Er reagierte damit auf Spekulationen in spanischen Medien, Trainer Xavi Hernández könnte bei einem möglichen Treffen mit Haaland vergangenen Dienstag in München über einen Wechsel des Norwegers zum FC Barcelona gesprochen haben. Laporta betonte, er wolle «nicht über Spieler reden, weil alles was ich sage die Preise in die Höhe treiben könnte».

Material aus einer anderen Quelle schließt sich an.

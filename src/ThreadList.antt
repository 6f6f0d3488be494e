-- ===== src/ThreadList.antt =====
-- kern/thread/threadlist.c: doubly linked lists of threads between two bookends. All nodes are in
-- one store, at addresses; a thread is named by the address of its t_listnode. DEBUGASSERT checks
-- nothing in the kernel's build.
pub mod Chains
pub mod Refine
pub mod Ends
pub mod Middle
mod Tests
use os161_project_c.Base.{
  ℕ, ◌+◌, ◌-◌, ◌%◌, ◌^◌, if◌then◌else◌, Bool, true, false, Option, none, some, ◌==◌, update,
  Outcome, ok, kassert, deref, ◌>>=◌, ◌>>◌,
}

-- The fields of `struct threadlistnode` at every address, and the `tl_count` of the list whose
-- first bookend is there.
pub record Nodes : Type 0 where
  pub tln_prev : ℕ → Option ℕ
  pub tln_next : ℕ → Option ℕ
  pub tln_self : ℕ → Option ℕ
  pub tl_count : ℕ → ℕ

-- `struct threadlist`, by the addresses of its bookends
pub record ThreadList : Type 0 where
  pub tl_head : ℕ
  pub tl_tail : ℕ

abbrev pub unsigned : ℕ → ℕ
unsigned x = x % 2 ^ 32

abbrev pub is_null : Option ℕ → Bool
is_null none = true
is_null (some a) = false

abbrev pub set_prev : ℕ → Option ℕ → Nodes → Nodes
set_prev a p s = record s { tln_prev = update s.tln_prev a p }

abbrev pub set_next : ℕ → Option ℕ → Nodes → Nodes
set_next a p s = record s { tln_next = update s.tln_next a p }

-- `tl_count++`, and `tl_count--`, which wraps around at 0
abbrev pub count_up : ThreadList → Nodes → Nodes
count_up l s = record s {
  tl_count = update s.tl_count l.tl_head (unsigned (s.tl_count l.tl_head + 1));
}

abbrev pub count_down : ThreadList → Nodes → Nodes
count_down l s = record s {
  tl_count = update s.tl_count l.tl_head (unsigned (s.tl_count l.tl_head + (2 ^ 32 - 1)));
}

-- The thread is not NULL.
unfoldable pub threadlistnode_init : ℕ → Nodes → Nodes
threadlistnode_init t s =
    let s1 = set_prev t none (set_next t none s) in
    record s1 { tln_self = update s1.tln_self t (some t) }

unfoldable pub threadlistnode_cleanup : ℕ → Nodes → Outcome (Unit {0})
threadlistnode_cleanup t s =
    kassert (is_null (s.tln_next t))
    >> kassert (is_null (s.tln_prev t))
    >> kassert (if is_null (s.tln_self t) then false else true)

unfoldable pub threadlist_init : ThreadList → Nodes → Nodes
threadlist_init l s =
    let s1 = set_prev l.tl_head none (set_next l.tl_head (some l.tl_tail) s) in
    let s2 = set_prev l.tl_tail (some l.tl_head) (set_next l.tl_tail none s1) in
    record s2 {
      tln_self = update (update s2.tln_self l.tl_head none) l.tl_tail none;
      tl_count = update s2.tl_count l.tl_head 0;
    }

unfoldable pub threadlist_isempty : ThreadList → Nodes → Bool
threadlist_isempty l s = s.tl_count l.tl_head == 0

unfoldable pub threadlist_cleanup : ThreadList → Nodes → Outcome (Unit {0})
unfolding threadlist_isempty
threadlist_cleanup l s = kassert (threadlist_isempty l s) >> kassert (s.tl_count l.tl_head == 0)

-- `addee->tln_prev->tln_next = addee; addee->tln_next->tln_prev = addee;`
unfoldable pub hook : ℕ → Nodes → Outcome Nodes
hook addee s = deref (s.tln_prev addee) >>= λ before.
    let s1 = set_next before (some addee) s in
    deref (s1.tln_next addee) >>= λ after. ok (set_prev after (some addee) s1)

unfoldable pub threadlist_insertafternode : (onlist addee : ℕ) → Nodes → Outcome Nodes
unfolding hook
threadlist_insertafternode onlist addee s =
    let s1 = set_prev addee (some onlist) s in hook addee (set_next addee (s1.tln_next onlist) s1)

unfoldable pub threadlist_insertbeforenode : (addee onlist : ℕ) → Nodes → Outcome Nodes
unfolding hook
threadlist_insertbeforenode addee onlist s =
    hook addee (set_next addee (some onlist) (set_prev addee (s.tln_prev onlist) s))

unfoldable pub threadlist_removenode : ℕ → Nodes → Outcome Nodes
threadlist_removenode tln s = deref (s.tln_prev tln) >>= λ before.
    let s1 = set_next before (s.tln_next tln) s in
    deref (s1.tln_next tln) >>= λ after.
    let s2 = set_prev after (s1.tln_prev tln) s1 in ok (set_next tln none (set_prev tln none s2))

unfoldable pub threadlist_addhead : ThreadList → ℕ → Nodes → Outcome Nodes
unfolding threadlist_insertafternode
threadlist_addhead l t s = threadlist_insertafternode l.tl_head t s >>= λ s'. ok (count_up l s')

unfoldable pub threadlist_addtail : ThreadList → ℕ → Nodes → Outcome Nodes
unfolding threadlist_insertbeforenode
threadlist_addtail l t s = threadlist_insertbeforenode t l.tl_tail s >>= λ s'. ok (count_up l s')

-- The removal of `tln`, and the thread that it belongs to.
unfoldable pub take_off : ThreadList → ℕ → Nodes → Outcome (Option ℕ × Nodes)
unfolding threadlist_removenode
take_off l tln s = threadlist_removenode tln s >>= λ s'. ok (s'.tln_self tln, count_down l s')

unfoldable pub threadlist_remhead : ThreadList → Nodes → Outcome (Option ℕ × Nodes)
unfolding take_off
threadlist_remhead l s = deref (s.tln_next l.tl_head) >>= λ tln.
    if is_null (s.tln_next tln) then ok (none, s) else take_off l tln s

unfoldable pub threadlist_remtail : ThreadList → Nodes → Outcome (Option ℕ × Nodes)
unfolding take_off
threadlist_remtail l s = deref (s.tln_prev l.tl_tail) >>= λ tln.
    if is_null (s.tln_prev tln) then ok (none, s) else take_off l tln s

unfoldable pub threadlist_insertafter : ThreadList → (onlist addee : ℕ) → Nodes → Outcome Nodes
unfolding threadlist_insertafternode
threadlist_insertafter l onlist addee s =
    threadlist_insertafternode onlist addee s >>= λ s'. ok (count_up l s')

unfoldable pub threadlist_insertbefore : ThreadList → (addee onlist : ℕ) → Nodes → Outcome Nodes
unfolding threadlist_insertbeforenode
threadlist_insertbefore l addee onlist s =
    threadlist_insertbeforenode addee onlist s >>= λ s'. ok (count_up l s')

unfoldable pub threadlist_remove : ThreadList → ℕ → Nodes → Outcome Nodes
unfolding threadlist_removenode
threadlist_remove l t s = threadlist_removenode t s >>= λ s'. ok (count_down l s')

Medienberichten zufolge liegen Haaland und dessen Berater Mino Raiola auch Angebote von Real Madrid, Paris Saint-Germain, Manchester City und dem FC Bayern vor. Bestätigungen der Clubs für diese seit Wochen zirkulierenden Spekulationen gab es nicht. Der norwegische Nationalspieler ist zwar bis 2024 vertraglich an den BVB gebunden, könnte den Tabellenzweiten der Fußball-Bundesliga aber aufgrund einer Ausstiegsklausel für angeblich 75 Millionen Euro schon in diesem Sommer verlassen.